Usually one shows the density of the functions $\sin(kx)$ in $L^2([0,1])$ using the Fourier transform. This in fact comes from the Stone-Weierstrass theorem however and then uses the density of continuous functions in $L^2([0,1])$.
However, the Stone–Weirstrass theorem can be used to show, for example, that the functions $e^{ikx}$ are dense in $C([0,1])$ and hence dense in $L^1([0,1])$ as well. So we obtain (not-necessarily-unique) coefficients $c_k$ such that $f_k(x) =c_ke^{ikx}$ converge to any given $f \in L^1([0,1])$. How should I think about these coefficients? How do they relate to the Fourier series of $f$ (with basis $e^{ikx})$?
Best Answer
Just a comment if you choose coefficients $c_{k,n}$ such that $$ \lim_{n\to\infty} \left(\sum_{k=-n}^{n} c_{k,n} e^{2\pi i n x}\right) \to f (x) $$ in some sense, e.g. $L^1$, then these are not unique. It is even known that the obvious choice $c_{k,n} = \hat{f}(k) = \int e^{-2\pi i n x} f(x) dx$ is not the best. It's much better to choose $$ c_{k,n} = \left(1 - \frac{|k|}{n}\right) \hat{f}(k). $$ Then one Cesaro sums the Fourier series, and this is known to converge.
As pointed out by Zen Harper below, I should mention that with the choice $c_{k,n} = \hat{f}(k)$ for $-n \leq k \leq n$, the Fourier series of a $L^1$ function must not converge. In fact it can diverge almost-everywhere.

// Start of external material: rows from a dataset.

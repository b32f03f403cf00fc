-- ===== src/NetFs/Checking.antt =====
-- How `access` and `stat` of client_src/netfs.cpp keep what is cached of a file or drop it.
use net_fs.Prelude.{
  ℕ, ◌%◌, ◌^◌, List, Option, none, some, ◌==◌, ==_iff, nat_eq, string_eq, Bool, true, false,
  if◌then◌else◌, find, ok, ◌>>=◌, ◌≡◌, ◌⊎◌, refl, sym, ap, ◌∙◌, arith, Bool-cases, Option-cases,
  inl, inr,
}
use net_fs.Time.{FileTime, file_time_eq, file_time_ne, file_time_eq_iff}
use net_fs.Msg
use net_fs.Msg.Access.{MsgAccessResp}
use net_fs.Msg.Stat.{MsgStatResp}
use net_fs.Cache.State.{FileAttr, FileCache, Cache}
use net_fs.Cache.Ops.{is_stale, get_file_time, invalidate}
use net_fs.Cache.Store.{file_facts}
use net_fs.Cache.Sound.{IsSound}
use net_fs.Cache.Invalidate.{Invalidated, invalidate_lem, invalidate_unknown}
use net_fs.NetFs.State.{Peer, NetFs, exchange, next_link, as_access, as_stat}
use net_fs.NetFs.Remote.{do_read_attr}
use net_fs.NetFs.Ops.{drop_if_changed, with_cache, access, stat}

-- The cached attributes of a file are not stale, and have the times of modification and change that
-- the server gives.
abbrev pub UpToDate : Cache → List ℕ → FileTime → Type 0
UpToDate c f time =
    (attr : FileAttr) × (file_facts c f ≡ some (attr, false))
    × (attr.time.mtime ≡ time.mtime)
    × (attr.time.ctime ≡ time.ctime)

-- The cache is as it was if `keeps` holds, and has forgotten the file otherwise.
abbrev pub KeptIf : Type 0 → List ℕ → Cache → Cache → Type 0
KeptIf keeps f c c' = (keeps × (c' ≡ c)) ⊎ ((¬ keeps) × Invalidated f c c')

fresh_of :
    (a b : FileAttr) (stale : Bool)
    → ◌≡◌ {A = Option (FileAttr × Bool)} (some (a, stale)) (some (b, false))
    → stale ≡ false
fresh_of a b stale h = cc

module _ (f : List ℕ) (time : FileTime) (c : Cache) (sound : IsSound c) where
  known_facts :
      (fc : FileCache) → find f c.file_map ≡ some fc → file_facts c f ≡ some (fc.attr, fc.stale)
  unfolding file_facts
  known_facts fc known = ground arith

  unknown-outdated : find f c.file_map ≡ none → ¬ UpToDate c f time
  unfolding file_facts
  unknown-outdated miss (attr, facts, _, _) = absurd (ground arith)

  stale-outdated :
      (fc : FileCache) → find f c.file_map ≡ some fc → fc.stale ≡ true → ¬ UpToDate c f time
  stale-outdated fc known stale (attr, facts, _, _) =
      let fresh = fresh_of fc.attr attr fc.stale (sym (known_facts fc known) ∙ facts) in
      let clash : true ≡ false = sym stale ∙ fresh in absurd cc

  unknown_stale : find f c.file_map ≡ none → is_stale f c ≡ false
  unfolding is_stale
  unknown_stale miss = ground (arith, miss)

  unknown_time : find f c.file_map ≡ none → get_file_time f c ≡ none
  unfolding get_file_time
  unknown_time miss = ground (arith, miss)

  drops_unknown : find f c.file_map ≡ none → drop_if_changed f time c ≡ ok c
  unfolding drop_if_changed
  drops_unknown miss = rw (unknown_stale miss, drop_if_changed, unknown_time miss) refl

  module _ (fc : FileCache) (known : find f c.file_map ≡ some fc) where
    known_stale : is_stale f c ≡ fc.stale
    unfolding is_stale
    known_stale = ground (arith, known)

    known_time : get_file_time f c ≡ some fc.attr.time
    unfolding get_file_time
    known_time = ground (arith, known)

    drops_stale : fc.stale ≡ true → drop_if_changed f time c ≡ invalidate f c
    unfolding drop_if_changed
    drops_stale stale = rw (known_stale, stale) refl

    drops_changed :
        fc.stale ≡ false
        → file_time_ne fc.attr.time time ≡ true
        → drop_if_changed f time c ≡ invalidate f c
    unfolding drop_if_changed
    drops_changed fresh differ = rw (known_stale, fresh, drop_if_changed, known_time, differ) refl

    keeps_same :
        fc.stale ≡ false → file_time_ne fc.attr.time time ≡ false → drop_if_changed f time c ≡ ok c
    unfolding drop_if_changed
    keeps_same fresh same = rw (known_stale, fresh, drop_if_changed, known_time, same) refl

  dropped :
      drop_if_changed f time c ≡ invalidate f c
      → (¬ UpToDate c f time)
      → (c' : Cache) × (drop_if_changed f time c ≡ ok c') × KeptIf (UpToDate c f time) f c c'
  dropped run outdated =
      let (c', gone, done) = invalidate_lem f c sound.valid sound.keyed in
      (c', run ∙ gone, inr (outdated, done))

  -- Exactly what is up to date is kept.
  pub drop_if_changed_lem :
      (c' : Cache) × (drop_if_changed f time c ≡ ok c') × KeptIf (UpToDate c f time) f c c'
  unfolding file_time_ne
  drop_if_changed_lem = elim (Option-cases (find f c.file_map)) [
    | inl miss ↦
        dropped (drops_unknown miss ∙ sym (invalidate_unknown f c miss)) (unknown-outdated miss)
    | inr (fc, known) ↦ elim (Bool-cases fc.stale) [
      | inl stale ↦ dropped (drops_stale fc known stale) (stale-outdated fc known stale)
      | inr fresh ↦
          let times = file_time_eq_iff fc.attr.time time in
          elim (Bool-cases (file_time_eq fc.attr.time time)) [
            | inl same ↦
                let (mtime, ctime) = times.0 same in
                let facts : file_facts c f ≡ some (fc.attr, false) =
                  known_facts fc known ∙ ap (λ (b : Bool). some (fc.attr, b)) fresh in
                (
                  c,
                  keeps_same fc known fresh (ground arith),
                  inl ((fc.attr, facts, mtime, ctime), refl),
                )
            | inr differ ↦
                dropped (drops_changed fc known fresh (ground arith))
                  (λ (attr, facts, mtime, ctime).
                    let both : some (fc.attr, fc.stale) ≡ some (attr, false) =
                      sym (known_facts fc known) ∙ facts in
                    let attrs : fc.attr ≡ attr = ground arith in
                    let equal = times.1 (
                      ap (λ (a : FileAttr). a.time.mtime) attrs ∙ mtime,
                      ap (λ (a : FileAttr). a.time.ctime) attrs ∙ ctime,
                    ) in
                    absurd cc)
          ]
    ]
  ]

module _ {P : Type 0} (peer : Peer P) (f : List ℕ) (fs : NetFs P) (p : P)
    (sound : IsSound fs.cache) where
  access_run :
      (r : MsgAccessResp) (c' : Cache)
      → peer (Msg.access (record { id = fs.link.msg_id; filename = f })) fs.link.behind
        ≡ ok (Msg.access_resp r, p)
      → r.id ≡ fs.link.msg_id
      → (if r.error == 0 then drop_if_changed f r.time fs.cache else invalidate f fs.cache) ≡ ok c'
      → access peer f fs ≡ ok (r.error, with_cache fs c' (next_link fs.link p))
  unfolding access exchange as_access
  access_run r c' reply same_id run =
      let passes : (r.id == fs.link.msg_id) ≡ true = ground arith in
      rw (reply, ◌>>=◌, passes, run) refl

  -- When the server answers with a response to the message, `NetFS::access` on a sound cache
  -- returns its error code and fails no assertion. The cache is as it was exactly if there is no
  -- error and the cached attributes are not stale and have the times of modification and change of
  -- the response; otherwise it has forgotten the file, and nothing else has changed.
  pub access_lem :
      (r : MsgAccessResp)
      → peer (Msg.access (record { id = fs.link.msg_id; filename = f })) fs.link.behind
        ≡ ok (Msg.access_resp r, p)
      → r.id ≡ fs.link.msg_id
      → (c' : Cache) × (access peer f fs ≡ ok (r.error, with_cache fs c' (next_link fs.link p)))
        × KeptIf ((r.error ≡ 0) × UpToDate fs.cache f r.time) f fs.cache c'
  access_lem r reply same_id = elim (Bool-cases (r.error == 0)) [
    | inl done ↦
        let (c', run, kept) = drop_if_changed_lem f r.time fs.cache sound in
        let no_error : r.error ≡ 0 = (==_iff r.error 0).0 done in
        (
          c',
          access_run r c' reply same_id (rw done run),
          elim kept [
            | inl (fresh, same) ↦ inl ((no_error, fresh), same)
            | inr (outdated, gone) ↦ inr (λ (_, fresh). outdated fresh, gone)
          ],
        )
    | inr failed ↦
        let (c', run, gone) = invalidate_lem f fs.cache sound.valid sound.keyed in
        (
          c',
          access_run r c' reply same_id (rw failed run),
          inr (λ (no_error, _). absurd (ground arith), gone),
        )
  ]

  -- The attributes in a response; `mode_t` has 32 bits.
  abbrev pub given_attr : MsgStatResp → FileAttr
  given_attr r = record { size = r.stat.size; mode = r.stat.mode % 2 ^ 32; time = r.stat.time }

  module _ (r : MsgStatResp)
      (reply : peer (Msg.stat (record { id = fs.link.msg_id; filename = f })) fs.link.behind
        ≡ ok (Msg.stat_resp r, p))
      (same_id : r.id ≡ fs.link.msg_id) where
    stat_found :
        (c' : Cache)
        → (r.error == 0) ≡ true
        → drop_if_changed f r.stat.time fs.cache ≡ ok c'
        → stat peer f fs ≡ ok (0, some (given_attr r), with_cache fs c' (next_link fs.link p))
    unfolding stat do_read_attr exchange as_stat
    stat_found c' done run =
        let passes : (r.id == fs.link.msg_id) ≡ true = ground arith in
        rw (reply, ◌>>=◌, passes, done, run) refl

    stat_failed :
        (c' : Cache)
        → (r.error == 0) ≡ false
        → invalidate f fs.cache ≡ ok c'
        → stat peer f fs ≡ ok (r.error, none, with_cache fs c' (next_link fs.link p))
    unfolding stat do_read_attr exchange as_stat
    stat_failed c' failed run =
        let passes : (r.id == fs.link.msg_id) ≡ true = ground arith in
        rw (reply, ◌>>=◌, passes, failed, ◌>>=◌, failed, run) refl

    -- `NetFS::stat` on a sound cache, when the server answers with a response to the message: it
    -- returns the error code of the response, and without an error its attributes, the mode cut
    -- to 32 bits; the cache is kept, or forgets the file, as by `access`.
    pub stat_lem :
        (c' : Cache) × (stat peer f fs
          ≡ ok (
            r.error,
            (if r.error == 0 then some (given_attr r) else none),
            with_cache fs c' (next_link fs.link p),
          ))
        × KeptIf ((r.error ≡ 0) × UpToDate fs.cache f r.stat.time) f fs.cache c'
    stat_lem = elim (Bool-cases (r.error == 0)) [
      | inl done ↦
          let (c', run, kept) = drop_if_changed_lem f r.stat.time fs.cache sound in
          let no_error : r.error ≡ 0 = (==_iff r.error 0).0 done in
          (
            c',
            rw (done, no_error) (stat_found c' done run),
            elim kept [
              | inl (fresh, same) ↦ inl ((no_error, fresh), same)
              | inr (outdated, gone) ↦ inr (λ (_, fresh). outdated fresh, gone)
            ],
          )
      | inr failed ↦
          let (c', run, gone) = invalidate_lem f fs.cache sound.valid sound.keyed in
          (
            c',
            rw failed (stat_failed c' failed run),
            inr (λ (no_error, _). absurd (ground arith), gone),
          )
    ]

Having said these things, the obvious advantage of this is, that everything is explicit and does not rely on any abstract hocus pocus.
I realized one more thing: Consider the case $f \in L^2$. Then the choice $c_{k,n} = \hat{f}(k)$ for $-n \leq k \leq n$ is optimal. This follows from easy Hilbert space theory!